Thanks for all the advises. I will certainly going over these.
We are using an existing Javascript framework that has the sortable table; "lots" of results means hundreds. The problem is that our users are at some remote site and a lot of delay is the network time to send/receive data from the data center. Sorting the data at the database side and only send one page worth of results at a time is nice; but when the user clicks some column header, another round trip is done, which always add 3-4 seconds.
Well, I guess that might be the network team's problem :)
Using sorting paging at the database level is the correct answer. If your query returns 1000 rows, but you're only going to show the user 10 of them, there is no need for the other 990 to be sent across the network.
Here is a mysql example. Say you need 10 rows, 21-30, from the 'people' table:
SELECT * FROM people LIMIT 21, 10
You should be doing paging back on the database server. E.g. on SQL 2005 and SQL 2008 there are paging techniques. I'd suggest looking at paging options for whatever system you're looking at.
What database are you using as there some good paging option in SQL 2005 and upwards using ROW_NUMBER to allow you to do paging on the server. I found this good one on Christian Darie's blog
eg This procedure which is used to page products in a category. You just pass in the pagenumber you want and the number of products on the page etc
CREATE PROCEDURE GetProductsInCategory
(#CategoryID INT,
#DescriptionLength INT,
#PageNumber INT,
#ProductsPerPage INT,
#HowManyProducts INT OUTPUT)
AS
-- declare a new TABLE variable
DECLARE #Products TABLE
(RowNumber INT,
ProductID INT,
Name VARCHAR(50),
Description VARCHAR(5000),
Price MONEY,
Image1FileName VARCHAR(50),
Image2FileName VARCHAR(50),
OnDepartmentPromotion BIT,
OnCatalogPromotion BIT)
-- populate the table variable with the complete list of products
INSERT INTO #Products
SELECT ROW_NUMBER() OVER (ORDER BY Product.ProductID),
Product.ProductID, Name,
SUBSTRING(Description, 1, #DescriptionLength) + '...' AS Description,
Price, Image1FileName, Image2FileName, OnDepartmentPromotion, OnCatalogPromotion
FROM Product INNER JOIN ProductCategory
ON Product.ProductID = ProductCategory.ProductID
WHERE ProductCategory.CategoryID = #CategoryID
-- return the total number of products using an OUTPUT variable
SELECT #HowManyProducts = COUNT(ProductID) FROM #Products
-- extract the requested page of products
SELECT ProductID, Name, Description, Price, Image1FileName,
Image2FileName, OnDepartmentPromotion, OnCatalogPromotion
FROM #Products
WHERE RowNumber > (#PageNumber - 1) * #ProductsPerPage
AND RowNumber <= #PageNumber * #ProductsPerPage
You could do the sorting on the server. AJAX would eliminate the necessity of a full refresh, but there'd still be a delay. Sides, databases a generally very fast at sorting.

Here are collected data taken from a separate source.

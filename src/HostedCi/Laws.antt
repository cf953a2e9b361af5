-- ===== src/HostedCi/Laws.antt =====
-- src/hosted_ci.rs: what each classification is evidence of.
use gha_indie_worker_rs.Prelude.{◌<◌, ◌≡◌, ◌↔◌, some, unwrap_or, arith, true, is_some}
use gha_indie_worker_rs.HostedCi.{
  completed, success, HostedJobObservation, stepful_success, zero_step_runner_admission_failure,
  is_failure_like, classify,
}

-- An observation is classified as a success exactly when the job is completed, its conclusion is
-- success, and at least one step was materialised.
pub classify-eq-stepful_success_iff :
    (o : HostedJobObservation)
    → (classify o ≡ stepful_success)
      ↔ ((o.status ≡ completed) × (o.conclusion ≡ some success) × (0 < unwrap_or o.step_count 0))
unfolding classify
classify-eq-stepful_success_iff o = (λ h. ground arith, λ h. ground arith)

-- A runner admission failure is reported exactly for a completed job with no step, a failure-like
-- conclusion and a machine-readable admission hint.
pub classify-eq-admission_failure_iff :
    (o : HostedJobObservation)
    → (classify o ≡ zero_step_runner_admission_failure) ↔ (
        (o.status ≡ completed)
        × (is_failure_like o.conclusion ≡ true)
        × (is_some o.admission_hint ≡ true)
        × (unwrap_or o.step_count 0 ≡ 0))
unfolding classify is_failure_like
classify-eq-admission_failure_iff o = (λ h. ground arith, λ h. ground arith)
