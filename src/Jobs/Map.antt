-- ===== src/Jobs/Map.antt =====
-- The job map, a HashMap keyed by job id, as an association list with one entry for a key. The
-- order of the list stands for the order in which the HashMap happens to be read.
pub mod Laws
use gha_indie_worker_rs.Prelude.{
  Bool, true, false, Option, none, some, List, [], ◌∷◌, map, if◌then◌else◌,
}
use gha_indie_worker_rs.Text.{Text, text_eq}
use gha_indie_worker_rs.Types.{BuildJobRecord}
use gha_indie_worker_rs.State.{Jobs}

unfoldable pub lookup : Text → Jobs → Option BuildJobRecord
lookup id [] = none
lookup id ((k, job) ∷ jobs) = if text_eq k id then some job else lookup id jobs

unfoldable pub insert : Text → BuildJobRecord → Jobs → Jobs
insert id job [] = (id, job) ∷ []
insert id job ((k, old) ∷ jobs) =
    if text_eq k id then (k, job) ∷ jobs else (k, old) ∷ insert id job jobs

unfoldable pub remove : Text → Jobs → Jobs
remove id [] = []
remove id ((k, job) ∷ jobs) = if text_eq k id then jobs else (k, job) ∷ remove id jobs

unfoldable pub values : Jobs → List BuildJobRecord
values jobs = map (λ entry. entry.1) jobs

For these situations I employ techniques on the SQL Server side that not only leverage the database for the sorting, but also use custom paging to ONLY return the specific records needed.

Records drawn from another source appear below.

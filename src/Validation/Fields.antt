-- ===== src/Validation/Fields.antt =====
-- src/validation.rs: the checks of single values, from `clean_optional` to `validate_image`, and
-- those of build arguments and namespaces.
pub mod Laws
use gha_indie_worker_rs.Prelude.{
  ℕ, Bool, true, false, not, ◌&&◌, ◌||◌, Option, none, some, List, [], ◌∷◌, any, all, length, ltb,
  ◌==◌, is_empty, is_some, Result, ok, err, ◌>>=◌, ◌>>◌, reject, if◌then◌else◌,
}
use gha_indie_worker_rs.Text.{
  Text, text, trim, trim_start, len, starts_with, contains, contains_char, contains_text,
  is_whitespace, is_control, is_ascii_alphanumeric, to_ascii_uppercase,
}
use gha_indie_worker_rs.Text.Split.{after_last}
use gha_indie_worker_rs.Message.{Message, message, lit, shown, debug, number}
use gha_indie_worker_rs.Config.{Config}
use gha_indie_worker_rs.Ecr.{EcrImage, ecr_image}

-- `map(str::trim).filter(|value| !value.is_empty())`
unfoldable pub clean_optional : Option Text → Option Text
clean_optional none = none
clean_optional (some value) = let t = trim value in if is_empty t then none else some t

unfoldable pub ensure_allowed_prefix : Text → Text → List Text → Text → Result Unit Message
ensure_allowed_prefix name value prefixes env_name =
    if is_empty prefixes
    then err (
        shown name
        ∷ lit " is rejected because "
        ∷ shown env_name
        ∷ lit " is empty; configure an explicit allowlist"
        ∷ [])
    else if any (λ prefix. starts_with value prefix) prefixes
    then ok tt
    else err (shown name ∷ lit " is not allowed by " ∷ shown env_name ∷ [])

unfoldable pub validate_no_whitespace : Text → Text → ℕ → Result Unit Message
validate_no_whitespace name value max_len =
    if is_empty (trim value)
    then err (shown name ∷ lit " must not be empty" ∷ [])
    else if ltb max_len (len value)
    then err (shown name ∷ lit " must be " ∷ number max_len ∷ lit " characters or fewer" ∷ [])
    else if any is_whitespace value
    then err (shown name ∷ lit " must not contain whitespace" ∷ [])
    else if any is_control value
    then err (shown name ∷ lit " must not contain control characters" ∷ [])
    else ok tt

unfoldable pub validate_repo_url : Text → Result Unit Message
validate_repo_url repo_url =
    let url = trim repo_url in
    if is_empty url
    then err (message "repoUrl is required")
    else if ltb 2048 (len url)
    then err (message "repoUrl must be 2048 characters or fewer")
    else if any is_control url
    then err (message "repoUrl must not contain control characters")
    else if starts_with url (text "https://")
        || starts_with url (text "ssh://")
        || starts_with url (text "git@")
    then ok tt
    else err (message "repoUrl must use https://, ssh://, or git@")

unfoldable pub has_explicit_image_version : Text → Bool
has_explicit_image_version image =
    contains_char image b'@' || contains_char (after_last b'/' image) b':'

unfoldable pub validate_image : Config → Text → Bool → Result (Option EcrImage) Message
validate_image config image push = do
  validate_no_whitespace (text "image") image 512
  reject (starts_with (trim_start image) (text "-")) (message "image must not start with '-'")
  reject (not (has_explicit_image_version image))
      (message "image must include an explicit tag or digest")
  ensure_allowed_prefix (text "image") image config.allowed_image_prefixes
      (text "BUILD_SERVER_ALLOWED_IMAGE_PREFIXES")
  let ecr = ecr_image image
  reject (push && config.ecr_login_enabled && not (is_some ecr))
      (message "push currently requires an Amazon ECR image when ECR login is enabled")
  ok ecr

abbrev pub secret_parts : List Text
secret_parts =
    text "SECRET" ∷ text "PASSWORD" ∷ text "TOKEN" ∷ text "CREDENTIAL" ∷ text "PRIVATE_KEY" ∷ []

unfoldable pub is_key_char : ℕ → Bool
is_key_char ch = is_ascii_alphanumeric ch || ch == b'_' || ch == b'-' || ch == b'.'

-- One round of the loop over the build arguments.
unfoldable pub validate_build_arg : Text → Text → Result Unit Message
validate_build_arg key value =
    if is_empty key || ltb 80 (len key)
    then err (message "build arg keys must be 1-80 characters")
    else if any (λ part. contains_text (to_ascii_uppercase key) part) secret_parts
    then err (
        lit "build arg key "
        ∷ debug key
        ∷ lit " looks secret-like; use registry/repo credentials, not Docker build args"
        ∷ [])
    else if not (all is_key_char key)
    then err (lit "build arg key " ∷ debug key ∷ lit " contains unsupported characters" ∷ [])
    else if ltb 1024 (len value) || any is_control value
    then err
        (lit "build arg " ∷ debug key ∷ lit " must be printable and 1024 characters or fewer" ∷ [])
    else ok tt

unfoldable pub validate_each_build_arg : List (Text × Text) → Result Unit Message
validate_each_build_arg [] = ok tt
validate_each_build_arg ((key, value) ∷ rest) =
    validate_build_arg key value >> validate_each_build_arg rest

unfoldable pub validate_build_args : Option (List (Text × Text)) → Result Unit Message
validate_build_args none = ok tt
validate_build_args (some build_args) = do
  reject (ltb 32 (length build_args)) (message "buildArgs can contain at most 32 entries")
  validate_each_build_arg build_args

unfoldable pub validate_namespace : Config → Text → Result Unit Message
validate_namespace config namespace = do
  validate_no_whitespace (text "deploy.namespace") namespace 63
  reject (not (contains config.allowed_namespaces namespace)) (
      lit "namespace "
      ∷ debug namespace
      ∷ lit " is not allowed by BUILD_SERVER_ALLOWED_NAMESPACES"
      ∷ [])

It is a bit of a pain to implemement at first, but the performance is amazing afterwards!
How large is "a lot" of data? Hundreds of rows? Thousands?

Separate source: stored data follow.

-- ===== src/Validation/Paths.antt =====
-- src/validation.rs: `validate_relative_path`, over `Path::components` and `PathBuf::push` of a
-- Unix target.
pub mod Laws
use gha_indie_worker_rs.Prelude.{
  ℕ, Bool, true, false, ◌||◌, List, [], ◌∷◌, ◌++◌, any, ltb, ◌==◌, is_empty, Result, ok, err, ◌>>=◌,
  if◌then◌else◌,
}
use gha_indie_worker_rs.Text.{Text, text, text_eq, trim, len, starts_with, is_control}
use gha_indie_worker_rs.Text.Split.{split}
use gha_indie_worker_rs.Message.{Message, message, lit, shown}

-- `std::path::Component`; a Unix path has no prefix component.
pub data Component : Type 0 where
  root_dir cur_dir parent_dir : Component
  normal : Text → Component

-- The components of the pieces between slashes: empty pieces and "." are dropped.
unfoldable pub inner_components : List Text → List Component
inner_components [] = []
inner_components (part ∷ parts) =
    if is_empty part || text_eq part (text ".")
    then inner_components parts
    else if text_eq part (text "..")
    then parent_dir ∷ inner_components parts
    else normal part ∷ inner_components parts

-- A leading "." is kept, unless the path is absolute.
unfoldable pub leading_components : List Text → List Component
leading_components [] = []
leading_components (part ∷ parts) =
    if text_eq part (text ".")
    then cur_dir ∷ inner_components parts
    else inner_components (part ∷ parts)

abbrev pub is_absolute : Text → Bool
is_absolute path = starts_with path (text "/")

unfoldable pub components : Text → List Component
components path =
    if is_absolute path
    then root_dir ∷ inner_components (split b'/' path)
    else leading_components (split b'/' path)

unfoldable pub ends_with_slash : Text → Bool
ends_with_slash [] = false
ends_with_slash (c ∷ []) = c == b'/'
ends_with_slash (c ∷ s) = ends_with_slash s

-- `PathBuf::push`, and `Path::join` on a copy.
unfoldable pub push_path : Text → Text → Text
push_path buf path =
    if is_absolute path
    then path
    else if is_empty buf || ends_with_slash buf
    then buf ++ path
    else buf ++ b'/' ∷ path

unfoldable pub is_unsupported : ℕ → Bool
is_unsupported ch = ch == b',' || ch == b'=' || ch == b':' || ch == 0 || is_control ch

-- The loop over the components; `clean` is the path so far.
unfoldable pub clean_components : Text → Text → List Component → Result Text Message
clean_components name clean [] = ok clean
clean_components name clean (normal part ∷ rest) =
    if any is_unsupported part
    then err (shown name ∷ lit " contains unsupported characters" ∷ [])
    else clean_components name (push_path clean part) rest
clean_components name clean (cur_dir ∷ rest) = clean_components name clean rest
clean_components name clean (_ ∷ rest) =
    err (shown name ∷ lit " must stay inside the repository root" ∷ [])

abbrev pub or_dot : Text → Text
or_dot clean = if is_empty clean then text "." else clean

unfoldable pub validate_relative_path : Text → Text → Result Text Message
validate_relative_path name value =
    let trimmed = trim value in
    if is_empty trimmed
    then err (shown name ∷ lit " must not be empty" ∷ [])
    else if ltb 240 (len trimmed)
    then err (shown name ∷ lit " must be 240 characters or fewer" ∷ [])
    else if is_absolute trimmed
    then err (shown name ∷ lit " must be relative to the repository root" ∷ [])
    else (do clean ← clean_components name [] (components trimmed); ok (or_dot clean))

Sorting can be done via JavaScript painlessly with Mochikit Sortable Tables. However, if the data takes a long time to sort (most likely a second or two [or three!]) then you may want to give the user some visual cue that soming is happening and the page didn't just freeze. For example, tint the screen (a la Lightbox) and display a "sorting" animation or text.